I think that if you do anything in excess it may be bad But if we only eat smoke meat once or twice a day in moderation should be OK. Red Meats can cause GAUT it is a forum of arthritis,


----------



## les3176 (Apr 7, 2011)

dr.oz says everything under the sun is bad for you!!!! funny how everyone is living longer these days isn'it!!! how did people live 100 or

even 200 years ago with out all of these dr's.


----------



## meateater (Apr 7, 2011)

I say we ban this Dr. Oz character........


----------



## beer-b-q (Apr 7, 2011)

meateater said:


> I say we ban this Dr. Oz character........


*Ditto what he said...*


----------



## big twig (Apr 8, 2011)

I actually have gout aka gouty arthritis and I still eat and drink the way I want to. Red meat and drinking is an old wives tale. People used to think gout was a rich mans disease and associated it with red meat and wine because they were the only ones who could afford it, but it has nothing to do with it. It has to do with uric acid levels in the system of a susceptive gout person. My method along with many gout sufferers is I take 1000 mg of cherry extract a day and if I feel an attack coming on I take about 3000 mg and it goes away within a day. This is much better than taking prescribed meds (which kills your liver and limits your food intake to low purine foods and doesn't let you drink, etc.). High uric acid levels is what causes an attack (for the most part it is genetic, in my case from my dad, they still don't have a definitive answer besides genetics of where it comes from) (everyday people can walk around with high uric acid levels and never have gout so scientists believe its genetic, I happen to have a friend who is working on a new drug (which I probably will never take) to eliminate the liver damage and let you eat how you want) Either way it sucks to have, I have had (before I took cherry pills) attacks where my whole foot swelled up the size of a softball and couldn't even have wind touch it.
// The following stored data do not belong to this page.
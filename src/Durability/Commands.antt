-- ===== src/Durability/Commands.antt =====
-- The commands of durability.py: their data, and the drafts and the batch of `accept_run`.
pub mod Accept
pub mod Transition
pub mod Signal
use Prim.Native.String.{len, ◌++◌ as ◌+str+◌}
use aegis_framework_platform.Base.{
  or_raise, ℕ, zero, suc, ◌+◌, String, Bool, true, false, not, ◌&&◌, ◌||◌, Option, none, some, List,
  [], ◌∷◌, ltb, leb, ◌==◌, if◌then◌else◌, contains, string_eq, pair_eq, length, Error,
  idempotency_conflict, integrity_failure, payload_rejected, value_error, key_error, Result, ok,
  err, ◌>>=◌, ◌>>◌, raise_if, Action,
}
use aegis_framework_platform.Base.Dict.{Dict, get, put, pop, has_key}
use aegis_framework_platform.Runtime.{
  Json, bool, text, object, end, field, fields_of, Payload, Runtime, stable_id, durable_traceparent,
  all_identifiers,
}
use aegis_framework_platform.Durability.{
  Durability, EventDraft, ApplicationEvent, OutboxDraft, InboxDraft, DeliveryRecord, RunView,
  max_resume_commands,
}
use aegis_framework_platform.Durability.Append.{Batch, append_locked}

-- The fields of domain.IdentityContext that the ledger reads.
pub record IdentityContext : Type 0 where
  pub tenant_id : String
  pub issuer : String
  pub subject_id : String
  pub request_id : String
  pub trace_id : String

-- domain.InvestigationRequest, whose alert is kept as the document that it dumps to.
pub record InvestigationRequest : Type 0 where
  pub incident_id : String
  pub alert : Json

pub data CommandType : Type 0 where
  resume cancel : CommandType

pub record SignalCommand : Type 0 where
  pub command_id : String
  pub run_id : String
  pub command_type : CommandType

abbrev pub command_word : CommandType → String
command_word resume = "resume"
command_word cancel = "cancel"

-- `request.model_dump(mode="json")`
abbrev pub dump_request : InvestigationRequest → Json
dump_request r = object (field "incident_id" (text r.incident_id) (field "alert" r.alert end))

-- The fields of type `Identifier` of a draft that are built from plain texts: the `ValidationError`
-- is a `ValueError`.
unfoldable pub identifiers : List String → Result (Unit {0})
identifiers values = raise_if (not (all_identifiers values)) value_error

module _ (rt : Runtime) where
  payload_size : Payload → ℕ
  payload_size payload = len (rt.canonical_json (object (fields_of payload)))

  -- The validators of `EventDraft`, `OutboxDraft` and `InboxDraft`: a pydantic error is a
  -- `ValueError`.
  bounded : ℕ → ℕ → Payload → Result (Unit {0})
  unfolding payload_size
  bounded maximum_keys maximum_bytes payload =
      raise_if (ltb maximum_keys (length payload) || ltb maximum_bytes (payload_size payload))
        value_error

  unfoldable pub event_draft : EventDraft → Result EventDraft
  unfolding bounded
  event_draft draft = do bounded 32 32768 draft.payload; ok draft

  unfoldable pub outbox_draft : OutboxDraft → Result OutboxDraft
  unfolding bounded
  outbox_draft draft = do bounded 16 8192 draft.payload; ok draft

  unfoldable pub inbox_draft : InboxDraft → Result InboxDraft
  unfolding bounded
  inbox_draft draft = do bounded 16 8192 draft.payload; ok draft

  -- The digest by which a repeated request is recognised.
  unfoldable pub run_fingerprint : InvestigationRequest → Bool → String
  run_fingerprint request wait_for_signal = rt.sha256_hex (
      rt.canonical_json (
        object (
          field "request" (dump_request request)
            (field "wait_for_signal" (bool wait_for_signal) end))))

  unfoldable pub new_run_id : IdentityContext → InvestigationRequest → String
  new_run_id identity request =
      stable_id rt "run" (identity.tenant_id ∷ request.incident_id ∷ identity.request_id ∷ []) 32

  -- The batch of `accept_run`: the requested event and the message that starts the workflow.
  unfoldable pub run_batch : IdentityContext → InvestigationRequest → Bool → ℕ → Result Batch
  unfolding event_draft outbox_draft new_run_id
  run_batch identity request wait_for_signal now = do
    let run_id = new_run_id identity request
    let request_ref = stable_id rt "request" (identity.tenant_id ∷ identity.request_id ∷ []) 32
    let tenant_ref = stable_id rt "tenant" (identity.tenant_id ∷ []) 32
    let actor_ref = stable_id rt "actor" (identity.issuer ∷ identity.subject_id ∷ []) 32
    let workflow_id = stable_id rt "workflow" (tenant_ref ∷ run_id ∷ request_ref ∷ []) 40
    let trace_ref = durable_traceparent rt identity.trace_id
    draft ← event_draft (record {
      event_id = stable_id rt "event" (run_id ∷ "requested" ∷ []) 32;
      event_type = "investigation.requested";
      occurred_at = now;
      actor_ref = actor_ref;
      correlation_ref = request_ref;
      causation_ref = none;
      schema_version = 1;
      payload =
          ("incident_id", text request.incident_id)
          ∷ ("request", dump_request request)
          ∷ ("request_ref", text request_ref)
          ∷ ("run_id", text run_id)
          ∷ ("tenant_ref", text tenant_ref)
          ∷ ("trace_ref", text trace_ref)
          ∷ ("wait_for_signal", bool wait_for_signal)
          ∷ ("workflow_id", text workflow_id)
          ∷ [];
    })
    outbox ← outbox_draft (record {
      message_id = stable_id rt "outbox" (run_id ∷ "temporal-start" ∷ []) 32;
      destination = "temporal";
      message_type = "investigation.start";
      available_at = now;
      payload =
          ("actor_ref", text actor_ref)
          ∷ ("request_ref", text request_ref)
          ∷ ("run_id", text run_id)
          ∷ ("tenant_ref", text tenant_ref)
          ∷ ("trace_ref", text trace_ref)
          ∷ ("wait_for_signal", bool wait_for_signal)
          ∷ ("workflow_id", text workflow_id)
          ∷ [];
    })
    ok (record {
      tenant_id = identity.tenant_id;
      aggregate_type = "investigation";
      aggregate_id = run_id;
      expected_version = 0;
      drafts = draft ∷ [];
      outbox = outbox ∷ [];
      inbox = [];
    })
Sorry to babble about this but I am or should I say have been a suffer

Happy smoking to all!!


----------



## eman (Apr 8, 2011)

Dr Oz, The next Oprah! LOL


----------



## jirodriguez (Apr 8, 2011)

Personally I prefer to model after George Burns.... eat steak, drink like a fish, smoke cigars, and outlive all the doctors that said you would keel over and die!


----------



## fourashleys (Apr 8, 2011)

I'm guessing Dr. Oz has never tried smoked meat. Silly Dr. thinking his medical degree outranks all these folks BBQ Pitmasters! Smoke em if ya got em doc!!


----------



## bigcup (Apr 8, 2011)

*a lil off line here but if them Dr.s cant make a few thousands off the pills and treatments they perscribe for you they sure arnt going to tell you what will work naturally. 3 yrs ago after spending several thousand dollars on meds and treatments for a lung tumar I was lift with two choices, agrisive chemo or be dead withen two yrs.   I had seen what chemo could do to a person [both the good and the bad] since starting the treatments they were giving me my blood presure went sky high so i was on pills for that, i became diabetic they wanted me on shots for that but was trying to controll it with pills, liver, heart, kidnys were all being damaged from treatments. so was taken meds for all that. my cost after ins. paid  was more than my morgage payment, didnt take long and I was out of money and the bank was takin my house, my two kids and me moved into a friends basement, I was still working just a few days a week and usually just abought only 4 hrs a day, I optid to not take the chemo figguring if something happend while i was still employed at least my kids would have my insurance of 100.000.00 to carry on.*

*Out of pure hope/desperation and just not wanting to leave this wonderfull planet I looked up alt... cures, then contackted a Dr. that delt with herbs.  long story shortend up, only bought 2% of ppl diagnosed with the type of lung tumar i have make it 2 yrs,,, its been 3yrs for me my tumar is shrinking im not on any other meds for anything ellse im working full time. not feelin 100% yet but gettin ther,  1 herb taken in the form of a pill, the other herbs are mixed togeather and drank as hot tea. got our own home again...and i think cranking up the smoker at least twice a month is good medicon to.*

*just one more thing i dont recomend not following your Drs advise,,but remmember there is always alternitives for you*


----------



## SmokinAl (Apr 8, 2011)

Anything in moderation!!


----------



## cliffcarter (Apr 8, 2011)

eman said:


> Dr Oz, The next Oprah! LOL


Dr. Oz was "discovered" by Oprah and was a frequent guest before she gave him his own show. His show is a forum for all the PC Liberal BS out there from transfats to BPA to HFCS to whatever the vegan-PETA crowd has on their agenda. Time to break out the Aluminum Foil Deflector Beanies-http://zapatopi.net/afdb/


----------



## txmike (Apr 8, 2011)

I can't speak for anyone else; but I personally would feel awful stupid lying in a hospitable bed dying of nothing.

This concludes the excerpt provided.